What you will do:
Looking at the records below, say how many lines contain "Transactions". Nothing else belongs in the answer.

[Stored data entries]

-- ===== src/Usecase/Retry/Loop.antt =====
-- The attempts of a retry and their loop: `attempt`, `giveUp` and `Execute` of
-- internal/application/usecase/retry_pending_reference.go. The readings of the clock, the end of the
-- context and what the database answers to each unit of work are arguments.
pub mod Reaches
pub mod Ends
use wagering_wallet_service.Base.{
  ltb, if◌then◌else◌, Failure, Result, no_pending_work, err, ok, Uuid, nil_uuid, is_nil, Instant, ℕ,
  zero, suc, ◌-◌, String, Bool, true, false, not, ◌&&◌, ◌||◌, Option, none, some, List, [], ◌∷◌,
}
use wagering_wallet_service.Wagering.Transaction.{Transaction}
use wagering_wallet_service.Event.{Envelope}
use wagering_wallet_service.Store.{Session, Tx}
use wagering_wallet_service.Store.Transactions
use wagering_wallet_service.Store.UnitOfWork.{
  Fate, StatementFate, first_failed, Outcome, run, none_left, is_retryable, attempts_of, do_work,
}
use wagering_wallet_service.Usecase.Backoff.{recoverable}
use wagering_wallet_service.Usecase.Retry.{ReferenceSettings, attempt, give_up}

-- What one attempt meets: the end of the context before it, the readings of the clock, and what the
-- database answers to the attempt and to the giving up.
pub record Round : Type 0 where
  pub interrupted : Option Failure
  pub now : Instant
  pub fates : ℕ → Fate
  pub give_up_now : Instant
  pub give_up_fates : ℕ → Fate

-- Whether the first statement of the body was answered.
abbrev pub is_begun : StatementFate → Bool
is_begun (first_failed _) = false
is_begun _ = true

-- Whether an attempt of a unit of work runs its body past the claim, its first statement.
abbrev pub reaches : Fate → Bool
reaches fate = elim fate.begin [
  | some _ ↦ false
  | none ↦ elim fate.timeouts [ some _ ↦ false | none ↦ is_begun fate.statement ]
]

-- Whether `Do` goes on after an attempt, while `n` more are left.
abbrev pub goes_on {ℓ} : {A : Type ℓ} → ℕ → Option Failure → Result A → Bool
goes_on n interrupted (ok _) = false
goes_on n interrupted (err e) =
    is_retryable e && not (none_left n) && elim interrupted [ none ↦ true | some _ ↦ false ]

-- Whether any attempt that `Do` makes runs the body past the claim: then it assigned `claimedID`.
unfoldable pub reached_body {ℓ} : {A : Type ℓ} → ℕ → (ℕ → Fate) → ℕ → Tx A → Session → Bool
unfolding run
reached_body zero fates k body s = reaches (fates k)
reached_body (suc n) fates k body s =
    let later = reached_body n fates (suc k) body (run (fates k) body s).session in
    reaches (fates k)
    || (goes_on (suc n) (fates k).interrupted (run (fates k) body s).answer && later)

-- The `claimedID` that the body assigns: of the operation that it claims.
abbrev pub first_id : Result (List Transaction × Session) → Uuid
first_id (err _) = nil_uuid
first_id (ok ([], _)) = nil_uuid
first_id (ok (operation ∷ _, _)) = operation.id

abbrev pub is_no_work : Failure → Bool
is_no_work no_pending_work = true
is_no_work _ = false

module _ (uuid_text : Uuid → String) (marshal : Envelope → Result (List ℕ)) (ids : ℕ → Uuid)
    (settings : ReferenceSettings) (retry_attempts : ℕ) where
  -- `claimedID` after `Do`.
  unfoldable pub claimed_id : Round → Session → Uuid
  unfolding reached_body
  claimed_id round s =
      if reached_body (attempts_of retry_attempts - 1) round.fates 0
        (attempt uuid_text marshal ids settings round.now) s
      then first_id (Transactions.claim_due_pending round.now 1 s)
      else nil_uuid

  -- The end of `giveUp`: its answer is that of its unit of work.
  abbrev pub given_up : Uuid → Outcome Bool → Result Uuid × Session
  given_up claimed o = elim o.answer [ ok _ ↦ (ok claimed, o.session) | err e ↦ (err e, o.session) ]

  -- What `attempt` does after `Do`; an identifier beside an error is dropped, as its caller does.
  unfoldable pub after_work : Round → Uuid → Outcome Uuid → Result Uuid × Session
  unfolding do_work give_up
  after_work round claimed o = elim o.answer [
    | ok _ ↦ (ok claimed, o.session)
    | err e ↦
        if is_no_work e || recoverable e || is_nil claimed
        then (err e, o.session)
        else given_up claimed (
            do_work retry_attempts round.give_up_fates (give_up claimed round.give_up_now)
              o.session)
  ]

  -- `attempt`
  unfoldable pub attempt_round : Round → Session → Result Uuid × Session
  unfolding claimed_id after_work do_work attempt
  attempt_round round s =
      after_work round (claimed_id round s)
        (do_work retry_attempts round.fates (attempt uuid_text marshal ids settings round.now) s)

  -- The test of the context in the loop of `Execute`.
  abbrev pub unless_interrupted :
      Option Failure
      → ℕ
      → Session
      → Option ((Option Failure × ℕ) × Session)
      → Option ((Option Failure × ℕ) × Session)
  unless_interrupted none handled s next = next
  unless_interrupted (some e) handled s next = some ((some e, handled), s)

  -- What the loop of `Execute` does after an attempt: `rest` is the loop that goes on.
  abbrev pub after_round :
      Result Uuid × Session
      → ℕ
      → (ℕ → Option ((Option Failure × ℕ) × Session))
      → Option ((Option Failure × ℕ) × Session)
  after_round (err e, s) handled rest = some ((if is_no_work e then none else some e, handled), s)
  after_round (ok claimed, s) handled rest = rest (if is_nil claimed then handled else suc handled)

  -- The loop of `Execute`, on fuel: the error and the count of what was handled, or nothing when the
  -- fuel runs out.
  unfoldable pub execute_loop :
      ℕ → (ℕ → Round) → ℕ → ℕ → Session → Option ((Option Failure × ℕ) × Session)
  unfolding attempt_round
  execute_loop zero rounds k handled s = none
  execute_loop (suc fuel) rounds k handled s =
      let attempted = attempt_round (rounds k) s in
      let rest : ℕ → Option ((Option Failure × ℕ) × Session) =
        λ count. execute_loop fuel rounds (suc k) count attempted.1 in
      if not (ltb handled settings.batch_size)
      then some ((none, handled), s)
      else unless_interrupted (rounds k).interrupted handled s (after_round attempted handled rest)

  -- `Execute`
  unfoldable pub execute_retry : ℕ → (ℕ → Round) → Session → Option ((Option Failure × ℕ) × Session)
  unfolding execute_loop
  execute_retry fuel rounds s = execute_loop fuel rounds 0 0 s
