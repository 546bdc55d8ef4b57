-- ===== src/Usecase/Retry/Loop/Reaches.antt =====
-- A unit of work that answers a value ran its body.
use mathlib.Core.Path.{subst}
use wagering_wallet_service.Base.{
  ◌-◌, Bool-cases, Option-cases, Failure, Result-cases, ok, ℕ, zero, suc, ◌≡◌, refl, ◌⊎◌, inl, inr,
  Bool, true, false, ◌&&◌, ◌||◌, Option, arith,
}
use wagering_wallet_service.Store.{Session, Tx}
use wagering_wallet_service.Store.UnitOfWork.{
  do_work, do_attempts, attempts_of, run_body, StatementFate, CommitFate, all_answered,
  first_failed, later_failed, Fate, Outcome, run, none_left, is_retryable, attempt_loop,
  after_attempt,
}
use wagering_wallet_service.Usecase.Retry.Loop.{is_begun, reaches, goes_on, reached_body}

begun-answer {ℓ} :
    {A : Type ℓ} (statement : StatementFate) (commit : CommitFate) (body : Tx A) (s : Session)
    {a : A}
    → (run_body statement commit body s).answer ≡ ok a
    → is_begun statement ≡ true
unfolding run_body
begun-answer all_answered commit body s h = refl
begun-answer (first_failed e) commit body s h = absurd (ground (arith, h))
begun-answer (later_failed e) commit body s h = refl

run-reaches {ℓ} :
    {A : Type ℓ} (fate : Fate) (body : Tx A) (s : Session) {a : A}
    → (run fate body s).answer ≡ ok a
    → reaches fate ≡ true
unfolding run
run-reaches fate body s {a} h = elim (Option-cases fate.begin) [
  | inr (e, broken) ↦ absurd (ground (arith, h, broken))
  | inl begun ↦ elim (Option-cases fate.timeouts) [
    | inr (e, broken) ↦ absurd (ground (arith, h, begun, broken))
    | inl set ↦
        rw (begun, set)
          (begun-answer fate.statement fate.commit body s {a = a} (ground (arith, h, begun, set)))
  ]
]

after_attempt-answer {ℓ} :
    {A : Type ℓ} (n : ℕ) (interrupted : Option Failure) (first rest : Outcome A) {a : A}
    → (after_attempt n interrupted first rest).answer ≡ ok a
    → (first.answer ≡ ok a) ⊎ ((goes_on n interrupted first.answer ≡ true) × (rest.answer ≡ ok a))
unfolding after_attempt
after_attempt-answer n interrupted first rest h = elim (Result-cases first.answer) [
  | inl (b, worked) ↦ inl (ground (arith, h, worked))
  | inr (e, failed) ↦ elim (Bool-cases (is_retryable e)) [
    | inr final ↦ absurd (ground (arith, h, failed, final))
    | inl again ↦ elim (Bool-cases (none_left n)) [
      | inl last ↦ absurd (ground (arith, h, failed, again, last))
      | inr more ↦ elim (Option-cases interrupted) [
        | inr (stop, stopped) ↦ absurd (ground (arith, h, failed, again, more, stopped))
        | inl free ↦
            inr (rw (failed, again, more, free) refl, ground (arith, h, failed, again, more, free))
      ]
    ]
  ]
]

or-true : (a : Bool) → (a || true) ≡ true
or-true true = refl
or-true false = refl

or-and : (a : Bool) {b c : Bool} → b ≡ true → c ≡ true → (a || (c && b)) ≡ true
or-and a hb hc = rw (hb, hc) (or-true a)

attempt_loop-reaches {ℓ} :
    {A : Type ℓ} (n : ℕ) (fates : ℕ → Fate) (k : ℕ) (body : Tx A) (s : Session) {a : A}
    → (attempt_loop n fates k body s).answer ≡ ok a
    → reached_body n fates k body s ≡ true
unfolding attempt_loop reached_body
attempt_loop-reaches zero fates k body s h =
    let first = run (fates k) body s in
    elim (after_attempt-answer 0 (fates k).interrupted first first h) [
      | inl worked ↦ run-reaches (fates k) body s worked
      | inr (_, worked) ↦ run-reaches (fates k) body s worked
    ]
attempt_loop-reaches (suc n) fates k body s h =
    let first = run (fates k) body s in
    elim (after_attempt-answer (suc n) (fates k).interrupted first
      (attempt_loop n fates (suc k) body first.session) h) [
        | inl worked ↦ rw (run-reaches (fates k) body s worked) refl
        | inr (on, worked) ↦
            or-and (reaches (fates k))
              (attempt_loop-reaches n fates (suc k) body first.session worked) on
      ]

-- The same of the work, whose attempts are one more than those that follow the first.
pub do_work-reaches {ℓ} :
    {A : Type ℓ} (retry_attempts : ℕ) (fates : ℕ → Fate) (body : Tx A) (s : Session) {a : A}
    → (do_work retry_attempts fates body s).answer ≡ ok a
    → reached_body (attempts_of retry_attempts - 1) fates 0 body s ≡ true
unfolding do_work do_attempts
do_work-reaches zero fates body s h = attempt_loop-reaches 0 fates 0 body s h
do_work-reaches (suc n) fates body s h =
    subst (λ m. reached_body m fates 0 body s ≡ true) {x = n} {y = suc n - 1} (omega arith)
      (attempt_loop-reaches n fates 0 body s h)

Answer below:
2